Input for this task:
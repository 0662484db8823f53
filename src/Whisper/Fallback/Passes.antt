-- ===== src/Whisper/Fallback/Passes.antt =====
-- asr/faster_whisper.py: the streamed transcription stays on the CPU too.
use agent_voca.Prelude.{
  ℕ, zero, suc, ◌+◌, refl, Bool, true, false, inl, inr, Option, none, some, List, [], ◌∷◌, ◌++◌,
  if-either, Option-cases, if◌then◌else◌, ◌==◌, ◌&&◌, length, ltb,
}
use agent_voca.Text.{Text, Unicode}
use agent_voca.Orchestrator.Streaming.{Segment}
use agent_voca.Whisper.{
  Library, Settings, Provider, Model, Inference, Result, done, failed, Failure, ◌>>=◌, pure,
  count_call, get_model, get_streaming_model,
}
use agent_voca.Whisper.Transcribe.{
  use_cpu, frombuffer, language_of, run_inference, transcribe_audio, value_error, final_segment,
}
use agent_voca.Whisper.Streaming.{
  Arrival, Streamed, Listening, collect, launch, start_partial, on_arrival, stream_loop,
  attempt_final, is_retried, final_attempts, final_pass, finish_with, end_stream, stream_with,
  stream_transcribe, join_chunks, window_snapshot, min_partial_bytes, final_error,
}
use agent_voca.Whisper.Fallback.{
  IsOnCpu, Keeps, >>=-Keeps, get_model-Keeps, get_streaming_model-Keeps, run_inference-Keeps,
  transcribe_audio-Keeps,
}

module _ (u : Unicode) (lib : Library) (settings : Settings) where
  module _ (rate : ℕ) (language : Option Text) where
    on_arrival-Keeps :
        (model : Model) (a : Arrival) (s : Listening)
        → IsOnCpu s.provider
        → IsOnCpu (on_arrival u lib settings rate language model a s).1.provider
    unfolding on_arrival start_partial launch collect
    on_arrival-Keeps model a s c =
        let s' : Listening = record s { buffer = s.buffer ++ a.chunk } in
        if-either (λ (r : Option Failure × Listening). IsOnCpu r.1.provider)
          (ltb (length s'.buffer) (min_partial_bytes rate)) c
          (starts (collect u lib settings a.is_done s')
            (if-either (λ (t : Listening). IsOnCpu t.provider) a.is_done c c))
      where
        launches :
            (o : Option (List ℕ)) (t : Listening)
            → IsOnCpu t.provider
            → IsOnCpu
                (elim o as (λ x. Option Failure × Listening) [
                  | none ↦ (some value_error, t)
                  | some audio ↦ (
                    none,
                    record t {
                      pending = some (lib.infer t.provider.calls true model audio language);
                      provider = count_call t.provider;
                    },
                  )
                ]).1.provider
        launches none t k = k
        launches (some audio) t k = k

        starts_with_pending :
            (o : Option Inference) (t : Listening)
            → IsOnCpu t.provider
            → IsOnCpu
                (elim o as (λ x. Option Failure × Listening) [
                  | some _ ↦ (none, t)
                  | none ↦ launch u lib settings rate language model t
                ]).1.provider
        starts_with_pending (some i) t k = k
        starts_with_pending none t k =
            launches (frombuffer (window_snapshot t.buffer settings.streaming_window_s rate)) t k

        starts :
            (t : Listening)
            → IsOnCpu t.provider
            → IsOnCpu (start_partial u lib settings rate language model t).1.provider
        starts t k = starts_with_pending t.pending t k

    stream_loop-Keeps :
        (model : Model) (l : List Arrival) (s : Listening)
        → IsOnCpu s.provider
        → IsOnCpu (stream_loop u lib settings rate language model l s).1.provider
    unfolding stream_loop
    stream_loop-Keeps model [] s c = c
    stream_loop-Keeps model (a ∷ l) s c =
        go (on_arrival u lib settings rate language model a s) (on_arrival-Keeps model a s c)
          (stream_loop-Keeps model l)
      where
        go :
            (r : Option Failure × Listening)
            → IsOnCpu r.1.provider
            → ((t : Listening)
                → IsOnCpu t.provider
                → IsOnCpu (stream_loop u lib settings rate language model l t).1.provider)
            → IsOnCpu
                (elim r.0 as (λ x. Option Failure × Listening) [
                  | some e ↦ (some e, r.1)
                  | none ↦ stream_loop u lib settings rate language model l r.1
                ]).1.provider
        go (some e, t) k ih = k
        go (none, t) k ih = ih t k

    attempt_final-Keeps :
        (audio : List ℕ) → Keeps (attempt_final u lib settings rate language audio)
    unfolding attempt_final
    attempt_final-Keeps audio =
        let last = λ (r : List Text × Text). pure (final_segment u lib settings r.0 r.1) in
        >>=-Keeps (get_model u lib settings)
          (λ model. run_inference u lib settings false model audio language >>= last)
          (get_model-Keeps u lib settings)
          (λ model.
            >>=-Keeps (run_inference u lib settings false model audio language) last
              (run_inference-Keeps u lib settings false model audio language) (λ _ q k. k))

    final_attempts-Keeps :
        (left attempt : ℕ) (audio : List ℕ)
        → Keeps (final_attempts u lib settings rate language left attempt audio)
    unfolding final_attempts
    final_attempts-Keeps zero attempt audio p c = c
    final_attempts-Keeps (suc left) attempt audio p c =
        let r = attempt_final u lib settings rate language audio p in
        go r (attempt_final-Keeps audio p c)
          (final_attempts-Keeps left (attempt + 1) audio (use_cpu r.1) (refl, tt))
      where
        go :
            (r : Result Segment × Provider)
            → IsOnCpu r.1
            → IsOnCpu
                (final_attempts u lib settings rate language left
                  (attempt + 1)
                  audio
                  (use_cpu r.1)).1
            → IsOnCpu
                (elim r.0 as (λ x. Result (List Segment) × Provider) [
                  | done segment ↦ (done (segment ∷ []), r.1)
                  | failed e ↦
                      if is_retried u lib settings rate language e && attempt == 0
                      then final_attempts u lib settings rate language left
                          (attempt + 1)
                          audio
                          (use_cpu r.1)
                      else (failed (final_error u lib settings rate language e), r.1)
                ]).1
        go (done segment, q) k again = k
        go (failed e, q) k again =
            if-either (λ (x : Result (List Segment) × Provider). IsOnCpu x.1)
              (is_retried u lib settings rate language e && attempt == 0) again k

    final_pass-Keeps : (audio : List ℕ) → Keeps (final_pass u lib settings rate language audio)
    unfolding final_pass
    final_pass-Keeps [] p c = c
    final_pass-Keeps (b ∷ bs) p c = elim (Option-cases (frombuffer (b ∷ bs))) [
      | inl e ↦ rw (e, final_pass) c
      | inr (audio, e) ↦ rw (e, final_pass) (final_attempts-Keeps 2 0 audio p c)
    ]

    finish_with-Keeps :
        (yields : List Segment) (r : Result (List Segment) × Provider)
        → IsOnCpu r.1
        → IsOnCpu (finish_with u lib settings yields r).provider
    finish_with-Keeps yields (done l, p) c = c
    finish_with-Keeps yields (failed e, p) c = c

    end_stream-Keeps :
        (in_time : Bool) (r : Option Failure × Listening)
        → IsOnCpu r.1.provider
        → IsOnCpu (end_stream u lib settings rate language in_time r).provider
    unfolding end_stream
    end_stream-Keeps in_time (some e, s) c = c
    end_stream-Keeps in_time (none, s) c =
        finish_with-Keeps _ (final_pass u lib settings rate language s.buffer s.provider)
          (final_pass-Keeps s.buffer s.provider c)

    stream_with-Keeps :
        (l : List Arrival) (in_time : Bool) (r : Result {0} Model × Provider)
        → IsOnCpu r.1
        → IsOnCpu (stream_with u lib settings l in_time rate language r).provider
    unfolding stream_with
    stream_with-Keeps l in_time (failed e, p) c = c
    stream_with-Keeps l in_time (done model, p) c =
        let s : Listening = record { buffer = []; pending = none; yields = []; provider = p } in
        end_stream-Keeps in_time (stream_loop u lib settings rate language model l s)
          (stream_loop-Keeps model l s c)

  pub stream_transcribe-Keeps :
      (l : List Arrival) (in_time : Bool) (rate : ℕ) (context : Option (Option Text)) (p : Provider)
      → IsOnCpu p
      → IsOnCpu (stream_transcribe u lib settings l in_time rate context p).provider
  unfolding stream_transcribe
  stream_transcribe-Keeps l in_time rate context p c =
      if-either (λ (r : Streamed). IsOnCpu r.provider) settings.streaming
        (stream_with-Keeps rate (language_of settings context) l in_time
          (get_streaming_model u lib settings p) (get_streaming_model-Keeps u lib settings p c))
        (finish_with-Keeps rate none [] _ (
          >>=-Keeps (transcribe_audio u lib settings (join_chunks l) context)
            (λ segment. pure (segment ∷ []))
            (transcribe_audio-Keeps u lib settings (join_chunks l) context) (λ _ q k. k) p c))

Work required: For the string "module", count every line of the material where it appears and state only the count.

Exercise output: 2